Who else from the US has been arrested?
They include devout Christians who went there for what they saw as humanitarian reasons, college students on tours, a couple of reporters on a story and some people described by relatives as troubled. North Korea held US citizen Bruce Byron Lowrance for about a month in 2018, charging him with illegal entry from China.
On the other hand, thousands of Americans have been in North Korea without incident on trips where caregivers keep a close eye on them and limit where they can go. The country is now off-limits to Americans unless a high-level permit is granted, with the State Department telling citizens not to go there “due to the continuing serious risk of arrest and long-term detention of American citizens”.

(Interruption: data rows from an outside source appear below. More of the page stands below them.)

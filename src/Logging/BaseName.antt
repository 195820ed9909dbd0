-- ===== src/Logging/BaseName.antt =====
-- The name of a source file in the log is the last part of its path.
use telnet_serv.Prelude.{
  ℕ, suc, ◌<◌, ◌≡◌, refl, sym, ap, ◌∙◌, subst, Option, none, some, List, [], ◌∷◌, ◌++◌, ◌==◌,
  length, take, drop, arith, Bool-cases, Option-cases, inl, inr, ◌⊎◌, length-drop, append_assoc,
  ==→eq, eq→==,
}
use telnet_serv.Text.{IsFree}
use telnet_serv.Logging.Source.{SourceFile, strrchr, from_array, from_pointer}

-- What strrchr finds is the last of the characters.
abbrev Found : List ℕ → ℕ → Option ℕ → Type 0
Found s c none = IsFree c s
Found s c (some i) =
    (s ≡ take i s ++ c ∷ drop (suc i) s) × IsFree c (drop (suc i) s) × (i < length s)

strrchr-Found : (s : List ℕ) (c : ℕ) → Found s c (strrchr s c)
unfolding strrchr
strrchr-Found [] c = tt
strrchr-Found (x ∷ xs) c = elim (Option-cases (strrchr xs c)) [
  | inr (i, e) ↦
      let later : Found xs c (some i) = subst (Found xs c) e (strrchr-Found xs c) in
      rw (e, strrchr) (ap (◌∷◌ x) later.0, later.1, omega (arith, later.2))
  | inl e ↦
      let none_later : IsFree c xs = subst (Found xs c) e (strrchr-Found xs c) in
      elim (Bool-cases (x == c)) [
        | inl same ↦
            rw (e, strrchr, same) (ap (λ (y : ℕ). y ∷ xs) (==→eq x c same), none_later, omega arith)
        | inr other ↦ rw (e, strrchr, other) ((λ h. cc (other, eq→== x c h)), none_later)
      ]
]

-- A path's directory part: empty, or with a slash at its end.
abbrev pub IsDir : List ℕ → Type 0
IsDir dir = (dir ≡ []) ⊎ ((d : List ℕ) × (dir ≡ d ++ b'/' ∷ []))

-- `file` is the last part of `path`.
abbrev pub IsBaseName : List ℕ → SourceFile → Type 0
IsBaseName path file =
    ((dir : List ℕ) × (path ≡ dir ++ file.chars) × IsDir dir)
    × IsFree b'/' file.chars
    × (file.size ≡ length file.chars)

array_cases :
    (path : List ℕ) (o : Option ℕ)
    → strrchr path b'/' ≡ o
    → Found path b'/' o
    → IsBaseName path (from_array path)
unfolding from_array
array_cases path none e h = rw (e, from_array) (([], refl, inl refl), h, refl)
array_cases path (some i) e h =
    rw (e, from_array)
      (
        (
          take i path ++ b'/' ∷ [],
          h.0 ∙ sym (append_assoc (take i path) (b'/' ∷ []) (drop (suc i) path)),
          inr (take i path, refl),
        ),
        h.1,
        omega (arith, length-drop (suc i) path),
      )

-- The two constructors of SourceFile, of a literal and of a pointer, come to the same for every
-- path: its last part, which has no slash and is the path without a part that is empty or ends with
-- a slash; and its length.
pub source_file_lem :
    (path : List ℕ) → IsBaseName path (from_array path) × (from_pointer path ≡ from_array path)
unfolding from_array from_pointer
source_file_lem path = (
  array_cases path (strrchr path b'/') refl (strrchr-Found path b'/'),
  elim (Option-cases (strrchr path b'/')) [
    | inl e ↦ rw (e, from_array, from_pointer)
    | inr (i, e) ↦ rw (e, from_array, from_pointer, length-drop (suc i) path)
  ],
)
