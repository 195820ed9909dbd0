-- ===== src/Printf/Time.antt =====
-- formatTime: the time is 21 characters long, and the cached text is that of the second asked for.
use telnet_serv.Prelude.{
  ℕ, ◌+◌, ◌≤◌, ◌<◌, ◌≡◌, ◌≢◌, List, ◌==◌, length, take, length-append, length-replicate,
  take_of_length, take_all, arith, Bool-cases, inl, inr, eq→==, ==→eq,
}
use telnet_serv.MsgBuf.{moved}
use telnet_serv.Printf.{Tm, padded, time_text, Stamp, print_time, format_time}

pub two_digits : (n : ℕ) → n < 100 → length (padded 2 b'0' n) ≡ 2
unfolding padded
two_digits n h = ground (arith, length-replicate {A = ℕ} 1 b'0')

pub four_digits : (n : ℕ) → 1000 ≤ n → n < 10000 → length (padded 4 b' ' n) ≡ 4
unfolding padded
four_digits n h k = ground arith

-- A time whose fields fit the widths of the format; the year has four digits.
pub record IsTime (tm : Tm) : Type 0 where
  pub year_low : 1000 ≤ tm.tm_year + 1900
  pub year_high : tm.tm_year + 1900 < 10000
  pub mon : tm.tm_mon + 1 < 100
  pub mday : tm.tm_mday < 100
  pub hour : tm.tm_hour < 100
  pub min : tm.tm_min < 100
  pub sec : tm.tm_sec < 100

pub length-time_text : (tm : Tm) → IsTime tm → length (time_text tm) ≡ 21
unfolding time_text
length-time_text tm t = simp length-append (
    omega (
      arith,
      four_digits (tm.tm_year + 1900) t.year_low t.year_high,
      two_digits (tm.tm_mon + 1) t.mon,
      two_digits tm.tm_mday t.mday,
      two_digits tm.tm_hour t.hour,
      two_digits tm.tm_min t.min,
      two_digits tm.tm_sec t.sec,
    ))

module _ (to_local_time : ℕ → Tm) where
  -- The text in the cache is that of its second; second 0 is the mark of an empty cache.
  abbrev pub IsCached : Stamp → Type 0
  IsCached t = (t.t_last_second ≢ 0) → take 21 t.t_time ≡ time_text (to_local_time t.t_last_second)

  take-print_time :
      (bytes old : List ℕ) → length bytes ≡ 21 → take 21 (print_time bytes old) ≡ bytes
  unfolding print_time
  take-print_time bytes old h = rw (take_all 24 bytes (omega arith)) (take_of_length 21 bytes _ h)

  -- formatTime of any second but 0, whose local time fits the format, from a valid cache: the
  -- assert holds, the 21 bytes are the text of that second's local time, whether they come from the
  -- cache or not, and the cache stays valid.
  pub format_time_lem :
      (seconds : ℕ) (t : Stamp)
      → seconds ≢ 0
      → IsTime (to_local_time seconds)
      → IsCached t
      → (t' : Stamp) × (format_time to_local_time seconds t
          ≡ moved (time_text (to_local_time seconds), t'))
        × IsCached t'
  unfolding format_time
  format_time_lem seconds t nz time cached = elim (Bool-cases (seconds == t.t_last_second)) [
    | inl e ↦
        let same : seconds ≡ t.t_last_second = ==→eq seconds t.t_last_second e in
        let hit : take 21 t.t_time ≡ time_text (to_local_time seconds) =
          rw same (cached (rw (← same) nz)) in
        (t, rw (e, hit), cached)
    | inr e ↦
        let size = length-time_text (to_local_time seconds) time in
        let fill = take-print_time (time_text (to_local_time seconds)) t.t_time size in
        (
          record {
            t_time = print_time (time_text (to_local_time seconds)) t.t_time;
            t_last_second = seconds;
          },
          rw (e, eq→== (length (time_text (to_local_time seconds))) 21 size, fill),
          λ _. fill,
        )
  ]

What happens in detention?
The Americans have been held in places ranging from decrepit shacks to hotel rooms. They are usually interrogated for hours and brought to their mental breaking points. Kenneth Bae, an American missionary, was arrested in November 2012 in the northeastern city of Rason and sentenced to 15 years in a forced labor camp for what the North Koreans called plans to overthrow the regime. He was forced to break rocks and dig for coal. His detention of some two years was the longest for an American. Jeffrey Fowle, a tourist detained for about six months for leaving a Bible at a sailors’ club in 2014, was held in guest houses. Otto Warmbier, a 21-year-old University of Virginia student who was on a group tour in January 2016, was detained by North Korean authorities and charged with attempting to steal a propaganda poster. He was initially sentenced to 15 years of hard labor, but he was returned to the US in June 2017 in a comatose state: brain dead, blind and deaf. He died days later.
How are they released?
North Korea often holds a show trial for foreigners, arresting them and sentencing them to several years of hard labor. But most of the Americans he has detained have been in custody for a year or less. The state has sought to send high-level US envoys, including former President Jimmy Carter and Bill Clinton, to get the captives out of the country, typically allowing for releases that score points at home for their leader.
What happens to King now?
The current halt comes after nearly all Western diplomats left the country due to the pandemic, leaving the US with few partners on the ground. The Swedish Embassy in Pyongyang has acted on behalf of US interests before, but now appears to be understaffed. The United States has sometimes used a clandestine channel through North Korea’s mission to the United Nations, but Pyongyang this year turned down offers from the Biden administration to speak, making King’s situation more problematic than others. previous arrests.